__EXTRACTED INFORMATION__
+++
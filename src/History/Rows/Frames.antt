-- ===== src/History/Rows/Frames.antt =====
-- The checker on the replies and the file headers that the generator writes.
use construct_protos.Prelude.{
  ℕ, ◌<◌, ◌^◌, ◌≡◌, refl, ◌⊎◌, inl, inr, [], ◌∷◌, ◌++◌, Bool, true, Option, length, take,
}
use construct_protos.Prelude.Result.{ok}
use construct_protos.Bytes.{Bytes, codes}
use construct_protos.History.Sealed.{cthf_header_len}
use construct_protos.History.Hello.{build_reply, build_cthf, chosen_key_id}
use construct_protos.History.Hello.Sizes.{KeyBytes, AreSized, texts}
use construct_protos.History.Hello.Framing.{build_reply_accepted, build_cthf_accepted}
use construct_protos.History.Rows.{kem_key_id_mismatch, Row}
use construct_protos.History.Rows.Kinds.{check_reply, check_cthf}

-- What an id asks of the row of a header: V24 expects the mismatch, V23 has two fields more.
abbrev pub AskedOfHeader : Row → Type 0
AskedOfHeader row =
    (row.vid ≡ 24) × (row.expect ≡ kem_key_id_mismatch)
    ⊎ (row.vid ≡ 23) × (row.has_chunk0_combined ≡ true) × (row.has_file_channel_key ≡ true)

no_complaint :
    (row : Row) (d : Bytes)
    → length d ≡ cthf_header_len
    → take 5 d ≡ codes "CTHF" ++ (1 ∷ [])
    → AskedOfHeader row
    → check_cthf row d ≡ []
unfolding check_cthf
no_complaint row d long front (inl (v, e)) = rw (long, front, v, e) refl
no_complaint row d long front (inr (v, a, b)) = rw (long, front, v, a, b) refl

-- The reply of V20 and the headers of V23 and V24, of keys of the lengths of their algorithms, a key
-- id of 32 bits and signatures of 3373 bytes, are made, and the checker's branches for replies and
-- for headers find nothing wrong, the row of the header having what its id asks for.
pub frames_accepted :
    (helper_sign : Bool → Bytes → Bytes) (k : KeyBytes) (row : Row) (key_id : Option ℕ)
    → ((ed : Bool) (m : Bytes) → length (helper_sign ed m) ≡ 3373)
    → AreSized k
    → chosen_key_id key_id k.kyber_key_id < 256 ^ 4
    → AskedOfHeader row
    → (reply : Bytes) × (header : Bytes) × (build_reply helper_sign (texts k) ≡ ok reply)
      × (check_reply reply ≡ [])
      × (build_cthf helper_sign (texts k) key_id ≡ ok header)
      × (check_cthf row header ≡ [])
unfolding check_reply
frames_accepted helper_sign k row key_id size sized small asked =
    let (reply, made, long, front, sig) = build_reply_accepted helper_sign size k sized in
    let (header, made', long', front', body, sig') =
      build_cthf_accepted helper_sign size k key_id sized small in
    (reply, header, made, rw long refl, made', no_complaint row header long' front' asked)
+++
__WHAT TO DO__
Write the material out again in full, leaving no line out.

__RESPONSE AREA__
filename src/History/Rows/Frames.antt
-- ===== src/History/Rows/Frames.antt =====
-- The checker on the replies and the file headers that the generator writes.
use construct_protos.Prelude.{
  ℕ, ◌<◌, ◌^◌, ◌≡◌, refl, ◌⊎◌, inl, inr, [], ◌∷◌, ◌++◌, Bool, true, Option, length, take,
}
use construct_protos.Prelude.Result.{ok}
use construct_protos.Bytes.{Bytes, codes}
use construct_protos.History.Sealed.{cthf_header_len}
use construct_protos.History.Hello.{build_reply, build_cthf, chosen_key_id}
use construct_protos.History.Hello.Sizes.{KeyBytes, AreSized, texts}
use construct_protos.History.Hello.Framing.{build_reply_accepted, build_cthf_accepted}
use construct_protos.History.Rows.{kem_key_id_mismatch, Row}
use construct_protos.History.Rows.Kinds.{check_reply, check_cthf}

-- What an id asks of the row of a header: V24 expects the mismatch, V23 has two fields more.
abbrev pub AskedOfHeader : Row → Type 0
AskedOfHeader row =
    (row.vid ≡ 24) × (row.expect ≡ kem_key_id_mismatch)
    ⊎ (row.vid ≡ 23) × (row.has_chunk0_combined ≡ true) × (row.has_file_channel_key ≡ true)

no_complaint :
    (row : Row) (d : Bytes)
    → length d ≡ cthf_header_len
    → take 5 d ≡ codes "CTHF" ++ (1 ∷ [])
    → AskedOfHeader row
    → check_cthf row d ≡ []
unfolding check_cthf
no_complaint row d long front (inl (v, e)) = rw (long, front, v, e) refl
no_complaint row d long front (inr (v, a, b)) = rw (long, front, v, a, b) refl

-- The reply of V20 and the headers of V23 and V24, of keys of the lengths of their algorithms, a key
-- id of 32 bits and signatures of 3373 bytes, are made, and the checker's branches for replies and
-- for headers find nothing wrong, the row of the header having what its id asks for.
pub frames_accepted :
    (helper_sign : Bool → Bytes → Bytes) (k : KeyBytes) (row : Row) (key_id : Option ℕ)
    → ((ed : Bool) (m : Bytes) → length (helper_sign ed m) ≡ 3373)
    → AreSized k
    → chosen_key_id key_id k.kyber_key_id < 256 ^ 4
    → AskedOfHeader row
    → (reply : Bytes) × (header : Bytes) × (build_reply helper_sign (texts k) ≡ ok reply)
      × (check_reply reply ≡ [])
      × (build_cthf helper_sign (texts k) key_id ≡ ok header)
      × (check_cthf row header ≡ [])
unfolding check_reply
frames_accepted helper_sign k row key_id size sized small asked =
    let (reply, made, long, front, sig) = build_reply_accepted helper_sign size k sized in
    let (header, made', long', front', body, sig') =
      build_cthf_accepted helper_sign size k key_id sized small in
    (reply, header, made, rw long refl, made', no_complaint row header long' front' asked)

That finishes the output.